Case Studies
This section provides two case studies demonstrating how to use STRmie-HD depending on the sequencing design:
Paired-End (PE) reads – Combine R1/R2 into single continuous reads using an external merging tool, then run STRmie-HD.
Single-End (SE) reads – Unpaired reads (Single-End), such as Illumina or long reads from Nanopore/PacBio.
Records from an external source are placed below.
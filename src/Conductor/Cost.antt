-- ===== src/Conductor/Cost.antt =====
-- pkgs/host/agent/src/conductor.rs: how often one round of the loop calls a provider.
use jan_klod.Common.{
  ℕ, zero, suc, ◌+◌, ◌*◌, ◌≤◌, ◌≡◌, refl, sym, subst, String, List, [], ◌∷◌, ◌++◌, Result, ok, err,
  inl, inr, arith, All, format, Result-cases, Bool-cases,
}
use jan_klod.Turn.{Event, warning}
use jan_klod.Intercept.Types.{PendingRequest, Completion, Completer, was_truncated}
use jan_klod.Conductor.Effects.{Parts}
use jan_klod.Conductor.Provider.{
  failure_note, corrected, fallback_loop, fallback_from, complete_with_fallback, warn_truncated,
  check_completion, attempt, Attempt, failed, accepted, malformed, last_attempt, or_retry,
  retry_loop, complete_validated,
}

-- A call of the provider adds at most `n` to the cost.
abbrev pub CostsAtMost : {W : Type 0} → (W → ℕ) → ℕ → Completer W → Type 0
CostsAtMost {W} cost n c = (r : PendingRequest) (w : W) → cost (c.complete r w).1 ≤ cost w + n

-- A call of each of the providers adds at most `n` to the cost, all in all.
data Charges {W : Type 0} (cost : W → ℕ) : List (Completer W) → ℕ → Type 0 where
  none_left : Charges cost [] 0
  charged :
      (c : Completer W) (cs : List (Completer W)) (m n : ℕ)
      → CostsAtMost cost m c
      → Charges cost cs n
      → Charges cost (c ∷ cs) (m + n)

Charges-free :
    {W : Type 0} (cost : W → ℕ) (cs : List (Completer W))
    → All (CostsAtMost cost 0) cs
    → Charges cost cs 0
Charges-free cost [] h = none_left
Charges-free cost (c ∷ cs) (h, hs) = charged c cs 0 0 h (Charges-free cost cs hs)

-- Where one provider alone costs anything, they cost what it does.
Charges-one :
    {W : Type 0} (cost : W → ℕ) (before after : List (Completer W)) (c : Completer W)
    → All (CostsAtMost cost 0) before
    → CostsAtMost cost 1 c
    → All (CostsAtMost cost 0) after
    → Charges cost (before ++ c ∷ after) 1
Charges-one cost [] after c _ h hs = charged c after 1 0 h (Charges-free cost after hs)
Charges-one cost (b ∷ before) after c (k, ks) h hs =
    charged b (before ++ c ∷ after) 0 1 k (Charges-one cost before after c ks h hs)

-- The work of a completion, counted on the state by `cost`: a call of each provider costs at most
-- `total`, all in all, and what the client is told costs nothing.
module _ {W : Type 0} (p : Parts W) (cost : W → ℕ) (total : ℕ)
    (each : Charges cost p.providers total)
    (free : (e : Event) (w : W) → cost (p.sink.emit e w).1 ≡ cost w) where
  fallback_loop_cost :
      (request : PendingRequest) (cs : List (Completer W)) (failures : List String) (w : W) (n : ℕ)
      → Charges cost cs n
      → cost (fallback_loop p request cs failures w).1 ≤ cost w + n
  unfolding fallback_loop
  fallback_loop_cost request _ failures w _ none_left = omega arith
  fallback_loop_cost request _ failures w _ (charged c cs m n k ks) =
      elim (Result-cases (c.complete request w).0) [
        | inl (completion, e) ↦ rw (e, fallback_loop) (omega (arith, k request w))
        | inr (reason, e) ↦
            rw (e, fallback_loop)
              (omega (
                arith,
                k request w,
                free
                    (warning
                      (format ("provider " ∷ failure_note c.id reason ∷ "; falling back" ∷ [])))
                    (c.complete request w).1,
                fallback_loop_cost request cs (failures ++ failure_note c.id reason ∷ [])
                    (p.sink.emit
                      (warning
                        (format ("provider " ∷ failure_note c.id reason ∷ "; falling back" ∷ [])))
                      (c.complete request w).1).1
                    n ks,
              ))
      ]

  fallback_from_cost :
      (request : PendingRequest) (cs : List (Completer W)) (w : W) (n : ℕ)
      → Charges cost cs n
      → cost (fallback_from p cs request w).1 ≤ cost w + n
  unfolding fallback_from
  fallback_from_cost request [] w n k = omega arith
  fallback_from_cost request (c ∷ cs) w n k = fallback_loop_cost request (c ∷ cs) [] w n k

  check_completion_cost :
      (r : Result Completion String × W) → cost (check_completion p r).1 ≡ cost r.1
  unfolding check_completion warn_truncated
  check_completion_cost (err reason, w) = refl
  check_completion_cost (ok c, w) = elim (Bool-cases (was_truncated c)) [
    | inl truncated ↦ rw (truncated, warn_truncated) (free _ w)
    | inr whole ↦ rw (whole, warn_truncated)
  ]

  attempt_cost : (request : PendingRequest) (w : W) → cost (attempt p request w).1 ≤ cost w + total
  unfolding attempt complete_with_fallback
  attempt_cost request w = omega (
    arith,
    check_completion_cost (fallback_from p p.providers request w),
    fallback_from_cost request p.providers w total each,
  )

  last_attempt_cost : (r : Attempt × W) → cost (last_attempt p r).1 ≡ cost r.1
  last_attempt_cost (failed reason, w) = refl
  last_attempt_cost (accepted c, w) = refl
  last_attempt_cost (malformed c reason, w) = refl

  or_retry_cost :
      (next : PendingRequest → W → Result Completion String × W) (request : PendingRequest)
      (r : Attempt × W) (n : ℕ)
      → ((request1 : PendingRequest) (u : W) → cost (next request1 u).1 ≤ cost u + n)
      → cost (or_retry p next request r).1 ≤ cost r.1 + n
  or_retry_cost next request (failed reason, w) n k = omega arith
  or_retry_cost next request (accepted c, w) n k = omega arith
  or_retry_cost next request (malformed c reason, w) n k =
      let told = warning (format ("malformed output; retrying: " ∷ reason ∷ [])) in
      omega (arith, free told w, k (corrected request c.text reason) (p.sink.emit told w).1)

  retry_loop_cost :
      (left : ℕ) (request : PendingRequest) (w : W)
      → cost (retry_loop p left request w).1 ≤ cost w + suc left * total
  unfolding retry_loop
  retry_loop_cost zero request w =
      omega (arith, last_attempt_cost (attempt p request w), attempt_cost request w)
  retry_loop_cost (suc left) request w = omega (
    arith,
    or_retry_cost (retry_loop p left) request (attempt p request w) (suc left * total)
        (retry_loop_cost left),
    attempt_cost request w,
  )

  complete_validated_total :
      (request : PendingRequest) (w : W)
      → cost (complete_validated p request w).1 ≤ cost w + 4 * total
  unfolding complete_validated
  complete_validated_total request w = omega (arith, retry_loop_cost 3 request w)

module _ {W : Type 0} (p : Parts W) (before after : List (Completer W)) (c : Completer W)
    (one_of : p.providers ≡ before ++ c ∷ after) where
  -- One completion calls each provider at most four times: the first attempt and three retries. For
  -- the provider `c` of the list, `cost` counts its calls on the shared state, one at most for each,
  -- and counts nothing for the calls of the others and for what the client is told.
  pub complete_validated_cost :
      (cost : W → ℕ)
      → CostsAtMost cost 1 c
      → All (CostsAtMost cost 0) before
      → All (CostsAtMost cost 0) after
      → ((e : Event) (w : W) → cost (p.sink.emit e w).1 ≡ cost w)
      → (request : PendingRequest) (w : W) → cost (complete_validated p request w).1 ≤ cost w + 4
  complete_validated_cost cost once ks ls free request w =
      complete_validated_total p cost 1
        (subst (λ cs. Charges cost cs 1) (sym one_of) (Charges-one cost before after c ks once ls))
        free request w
Run STRmie-HD directly on gzipped FASTQ/FASTA files.
Oxford Nanopore long reads – Run STRmie-HD in Nanopore mode (
--nanopore).
Both flows converge to the same STRmie-HD pipeline and produce the same interactive HTML report for visual inspection.
Case Study 1 – Paired-End Reads (PE) with PEAR
When working with paired-end data, we recommend merging reads upstream with PEAR to obtain single, high-confidence sequences spanning the CAG repeat region.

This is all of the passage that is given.